Primeiro ministro Shinzo Abe cobrou união da comunidade internacional para reduzir a escalada de tensão na Ásia Oriental

O Estado de S.Paulo

13 Abril 2017 | 04h22

TÓQUIO - O primeiro ministro japonês, Shinzo Abe, afirmou nesta quinta-feira, 13, que a Coreia do Norte teria capacidade de lançar mísseis equipados com armas químicas e traçou paralelos entre o governo de Kim Jong-un e o do sírio Bashar Assad. 

Abe fez declarações para o Comitê Parlamentar de Defesa em um momento de escalada da tensão na península da Coreia depois do envio de um porta-aviões dos Estados Unidos à região, que Pyongyang respondeu com ameaças e manobras militares.

O primeiro ministro japonês disse que a Coreia do Norte poderia lançar um míssil carregado com gás sarin e destacou que trata-se "de uma nova fase de ameaça" que se soma ao programa nuclear do país. 

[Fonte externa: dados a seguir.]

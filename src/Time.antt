-- ===== src/Time.antt =====
-- firmware/usbarmory/src/time.rs: the monotonic clock. `Instant` has the operations on the counter's
-- registers, `Reads` what `now` returns while the counter goes on, and `Elapsed` the time between two
-- instants.
pub mod Instant
pub mod Reads
pub mod Elapsed
mod Runs
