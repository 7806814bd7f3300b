-- ===== src/Time/Instant.antt =====
-- The operations of firmware/usbarmory/src/time.rs. Reading a register of the clock is a step of time:
-- the state is the number of reads so far.
use usbarmory_rust.Prelude.{
  ℕ, zero, suc, ◌+◌, ◌-◌, ◌*◌, ◌/◌, ◌%◌, ◌^◌, bit_or, Bool, ◌&&◌, ◌||◌, ltb, leb, ◌==◌,
  if◌then◌else◌,
}
use usbarmory_rust.Prelude.Bits.{◌<<<◌}
use usbarmory_rust.Prelude.Outcome.{Outcome, ok, err, panic}

-- The registers RTCMR and RTCLR: what they hold at the n-th read.
pub record Snvs : Type 0 where
  pub rtcmr : ℕ → ℕ
  pub rtclr : ℕ → ℕ

pub record Instant : Type 0 where
  pub value : ℕ

-- `core::time::Duration`
pub record Duration : Type 0 where
  pub secs : ℕ
  pub nanos : ℕ

-- A loop that has not ended after the rounds it was given.
pub data Spinning : Type 0 where
  spinning : Spinning

abbrev pub Run : Type 0 → Type 0
Run A = ℕ → Outcome Spinning (A × ℕ)

infixl 5 ◌>>=◌
abbrev ◌>>=◌ : {A B : Type 0} → Run A → (A → Run B) → Run B
(call >>= next) n = elim (call n) [ ok done ↦ next done.0 done.1 | err e ↦ err e | panic ↦ panic ]

-- The test of the loop of `now`.
unfoldable pub same_pair : Snvs → ℕ → ℕ → ℕ → Bool
same_pair snvs high low n = (snvs.rtclr (suc n) == low) && (snvs.rtcmr n == high)

unfoldable pub of_words : ℕ → ℕ → Instant
of_words high low = record { value = bit_or (high <<< 32) low }

-- The loop of `now`.
unfoldable pub read_again : Snvs → ℕ → ℕ → ℕ → Run Instant
unfolding same_pair of_words
read_again snvs zero high low n = err spinning
read_again snvs (suc rounds) high low n =
    let again = read_again snvs rounds (snvs.rtcmr n) (snvs.rtclr (suc n)) (suc (suc n)) in
    if same_pair snvs high low n then ok (of_words high low, suc (suc n)) else again

unfoldable pub now : Snvs → ℕ → Run Instant
unfolding read_again
now snvs rounds n = read_again snvs rounds (snvs.rtcmr n) (snvs.rtclr (suc n)) (suc (suc n))

-- RTC_FREQUENCY
abbrev pub rtc_frequency : ℕ
rtc_frequency = 1 <<< 15

-- `Duration::new`, of a number of seconds to which one can be added.
abbrev duration_new : ℕ → ℕ → Duration
duration_new secs nanos = record { secs = secs + nanos / 10 ^ 9; nanos = nanos % 10 ^ 9 }

unfoldable pub unchecked_duration_since : Instant → Instant → Duration
unchecked_duration_since self earlier =
    let ticks = (2 ^ 64 + self.value - earlier.value) % 2 ^ 64 in
    duration_new (ticks / rtc_frequency) (1953125 * (ticks % rtc_frequency) / (1 <<< 9) % 2 ^ 32)

unfoldable pub duration_since : Instant → Instant → Run Duration
unfolding unchecked_duration_since
duration_since self earlier n =
    if leb earlier.value self.value then ok (unchecked_duration_since self earlier, n) else panic

unfoldable pub elapsed : Snvs → ℕ → Instant → Run Duration
unfolding now duration_since
elapsed snvs rounds self = now snvs rounds >>= λ instant. duration_since instant self

unfoldable pub uptime : Snvs → ℕ → Run Duration
unfolding now duration_since
uptime snvs rounds = now snvs rounds >>= λ instant. duration_since instant (record { value = 0 })

abbrev shorter : Duration → Duration → Bool
shorter a b = ltb a.secs b.secs || ((a.secs == b.secs) && ltb a.nanos b.nanos)

-- The loop of `wait`.
unfoldable wait_more : Snvs → ℕ → ℕ → Instant → Duration → Run (Unit {0})
unfolding now unchecked_duration_since
wait_more snvs rounds zero start dur n = err spinning
wait_more snvs rounds (suc turns) start dur n =
    (now snvs rounds >>= λ instant m.
    let rest = wait_more snvs rounds turns start dur m in
    if shorter (unchecked_duration_since instant start) dur then rest else ok (tt, m))
      n

unfoldable pub wait : Snvs → ℕ → ℕ → Duration → Run (Unit {0})
unfolding wait_more
wait snvs rounds turns dur = now snvs rounds >>= λ start. wait_more snvs rounds turns start dur
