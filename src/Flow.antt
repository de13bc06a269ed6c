-- ===== src/Flow.antt =====
-- The tasks that run other tasks (pkg/coordinator/tasks/run_*).
pub mod Sequential
pub mod Limits
pub mod Options
pub mod Chain
pub mod Background
mod Examples
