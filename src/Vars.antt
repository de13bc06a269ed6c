-- ===== src/Vars.antt =====
-- Variable scopes: pkg/coordinator/vars/variables.go and scope_filter.go. The scopes live on a heap
-- and refer to one another by their addresses, as the Go objects do by pointers. The parts that run
-- a regular expression, a jq query or a YAML encoder are not modelled.
pub mod Chain
pub mod Writes
mod Examples
use assertoor.Prelude.{
  ℕ, zero, suc, String, Bool, true, false, Option, none, some, List, [], ◌∷◌, ◌++◌, arith,
  if◌then◌else◌, length, get_elem?, set, nat_key, string_key, lookup, insert,
}

-- `interface{}`: a value that the scopes only pass on, or the map that a sub scope is read as.
mutual
  pub data Value : Type 0 where
    bool : Bool → Value
    num : ℕ → Value
    text : String → Value
    object : Fields → Value

  pub data Fields : Type 0 where
    end : Fields
    field : String → Value → Fields → Fields

-- `_, exists := m[name]`.
pub has_field : String → Fields → Bool
has_field name end = false
has_field name (field k v rest) = if string_key.beq k name then true else has_field name rest

-- `if !exists { m[name] = v }`.
unfoldable pub add_field : String → Value → Fields → Fields
add_field name v end = field name v end
add_field name v (field k w rest) =
    if string_key.beq k name then field k w rest else field k w (add_field name v rest)

-- A variable is defined exactly when its map has an entry, so `isDefined` is no field of its own.
pub record Scope : Type 0 where
  pub parent_scope : Option ℕ
  pub vars_map : List (String × Value)
  pub defaults_map : List (String × Value)
  pub sub_scopes : List (String × ℕ)

pub data Object : Type 0 where
  variables : Scope → Object
  scope_filter : ℕ → Object

abbrev pub Heap : Type 0
Heap = List Object

abbrev pub empty_scope : Option ℕ → Scope
empty_scope parent = record {
  parent_scope = parent;
  vars_map = [];
  defaults_map = [];
  sub_scopes = [];
}

-- The new heap and the address of the new object.
unfoldable pub alloc : Object → Heap → Heap × ℕ
alloc o h = (h ++ o ∷ [], length h)

unfoldable pub new_variables : Option ℕ → Heap → Heap × ℕ
unfolding alloc
new_variables parent h = alloc (variables (empty_scope parent)) h

unfoldable pub new_scope : ℕ → Heap → Heap × ℕ
unfolding new_variables
new_scope v h = new_variables (some v) h

unfoldable pub new_scope_filter : ℕ → Heap → Heap × ℕ
unfolding alloc
new_scope_filter v h = alloc (scope_filter v) h

-- An update of a scope goes through the filters in front of it: `f` is the depth followed.
unfoldable pub update_scope : ℕ → (Scope → Scope) → ℕ → Heap → Heap
update_scope zero change v h = h
update_scope (suc f) change v h = elim (get_elem? h v) [
  | none ↦ h
  | some (variables s) ↦ set h v (variables (change s))
  | some (scope_filter w) ↦ update_scope f change w h
]

-- A chain of filters or of parents is never longer than the heap.
unfoldable pub set_var : ℕ → String → Value → Heap → Heap
unfolding update_scope
set_var v name value h =
    update_scope (length h) (λ s. record s { vars_map = insert name value s.vars_map }) v h

unfoldable pub set_default_var : ℕ → String → Value → Heap → Heap
unfolding update_scope
set_default_var v name value h =
    update_scope (length h) (λ s. record s { defaults_map = insert name value s.defaults_map }) v h

unfoldable pub set_sub_scope : ℕ → String → ℕ → Heap → Heap
unfolding update_scope
set_sub_scope v name sub h =
    update_scope (length h) (λ s. record s { sub_scopes = insert name sub s.sub_scopes }) v h

-- The sub scope `name` of the scope at `v`, made with the given parent if it is missing.
unfoldable pub own_sub_scope : ℕ → String → Option ℕ → Heap → Heap × ℕ
unfolding new_variables
own_sub_scope v name parent h = elim (get_elem? h v) [
  | some (variables s) ↦ elim (lookup name s.sub_scopes) [
    | some sub ↦ (h, sub)
    | none ↦
        let (h', sub) = new_variables parent h in
        (set h' v (variables (record s { sub_scopes = insert name sub s.sub_scopes })), sub)
  ]
  | other ↦ (h, v)
]

-- `GetSubScope`: the parent's sub scope is made first, and becomes the parent of the new one.
unfoldable pub get_sub_scope : ℕ → ℕ → String → Heap → Heap × ℕ
get_sub_scope zero v name h = (h, v)
get_sub_scope (suc f) v name h = elim (get_elem? h v) [
  | none ↦ (h, v)
  | some (scope_filter w) ↦ get_sub_scope f w name h
  | some (variables s) ↦ elim s.parent_scope [
    | none ↦ own_sub_scope v name none h
    | some p ↦ let (h', sub) = get_sub_scope f p name h in own_sub_scope v name (some sub) h'
  ]
]

-- `GetVarsMap`: `acc` keeps what it has. `rec` reads another scope.
add_sub_scopes : (ℕ → Fields) → List (String × ℕ) → Fields → Fields
add_sub_scopes rec [] acc = acc
add_sub_scopes rec ((name, sub) ∷ subs) acc =
    add_sub_scopes rec subs
      (if has_field name acc then acc else add_field name (object (rec sub)) acc)

add_vars : List (String × Value) → Fields → Fields
add_vars [] acc = acc
add_vars ((name, value) ∷ vs) acc = add_vars vs (add_field name value acc)

-- A scope map can be cyclic, and the source then does not return: the fuel is a bound on the depth.
unfoldable pub get_vars_map : ℕ → Heap → ℕ → Fields → Bool → Fields
unfolding add_sub_scopes add_vars
get_vars_map zero h v acc skip_parent = acc
get_vars_map (suc f) h v acc skip_parent = elim (get_elem? h v) [
  | none ↦ acc
  | some (scope_filter w) ↦ get_vars_map f h w acc true
  | some (variables s) ↦
      let own =
        add_vars s.vars_map
          (add_sub_scopes (λ sub. get_vars_map f h sub end skip_parent) s.sub_scopes acc) in
      add_vars s.defaults_map (elim s.parent_scope [
        | none ↦ own
        | some p ↦ let above = get_vars_map f h p own false in if skip_parent then own else above
      ])
]

-- `LookupVar`: `none` is a variable that is not found. `depth` bounds the maps of sub scopes.
unfoldable pub lookup_var : ℕ → ℕ → Heap → ℕ → String → Option Value
unfolding get_vars_map
lookup_var depth zero h v name = none
lookup_var depth (suc f) h v name = elim (get_elem? h v) [
  | none ↦ none
  | some (scope_filter w) ↦ lookup_var depth f h w name
  | some (variables s) ↦ elim (lookup name s.sub_scopes) [
    | some sub ↦ some (object (get_vars_map depth h sub end false))
    | none ↦ elim (lookup name s.vars_map) [
      | some value ↦ some value
      | none ↦ elim s.parent_scope [
        | some p ↦ lookup_var depth f h p name
        | none ↦ lookup name s.defaults_map
      ]
    ]
  ]
]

A produção, armazenagem e uso do gás sarin estão proibidos por uma convenção internacional de armas químicas. Abe também afirmou que "valoriza altamente" o compromisso do presidente norte-americano Donald Trump "com a manutenção da ordem e da paz globais", em um momento em que "a ameaça do uso de armas de destruição em massa é cada vez mais séria na Ásia Oriental". 

"É necessária a união da comunidade internacional para que a Coreia do Norte abandone sua política que conduz a um caminho perigoso", advertiu o líder conservador. 

Na semana passada, Abe expressou seu respaldo ao bombardeio dos EUA na Síria como represália por suposto uso de armas químicas pelo regime de Assad, ofensiva que também foi vista como uma mensagem de advertência de Washington a Pyongyang. 

A administração Trump afirmou que "todas as opções estão sobre a mesa" para fazer frente aos desafios armamentísticos de Pyongyang e disse que estudaria a possibilidade de um ataque preventivo sobre a Coreia do Norte. 

Nesse contexto, Abe teria solicitado a Washington que lhe informe com antecipação de um eventual ataque sobre os norte-coreanos, segundo vários meios de comunicação japoneses. O porta-voz do Executivo, Yoshihide Suga, desmentiu essa afirmação. 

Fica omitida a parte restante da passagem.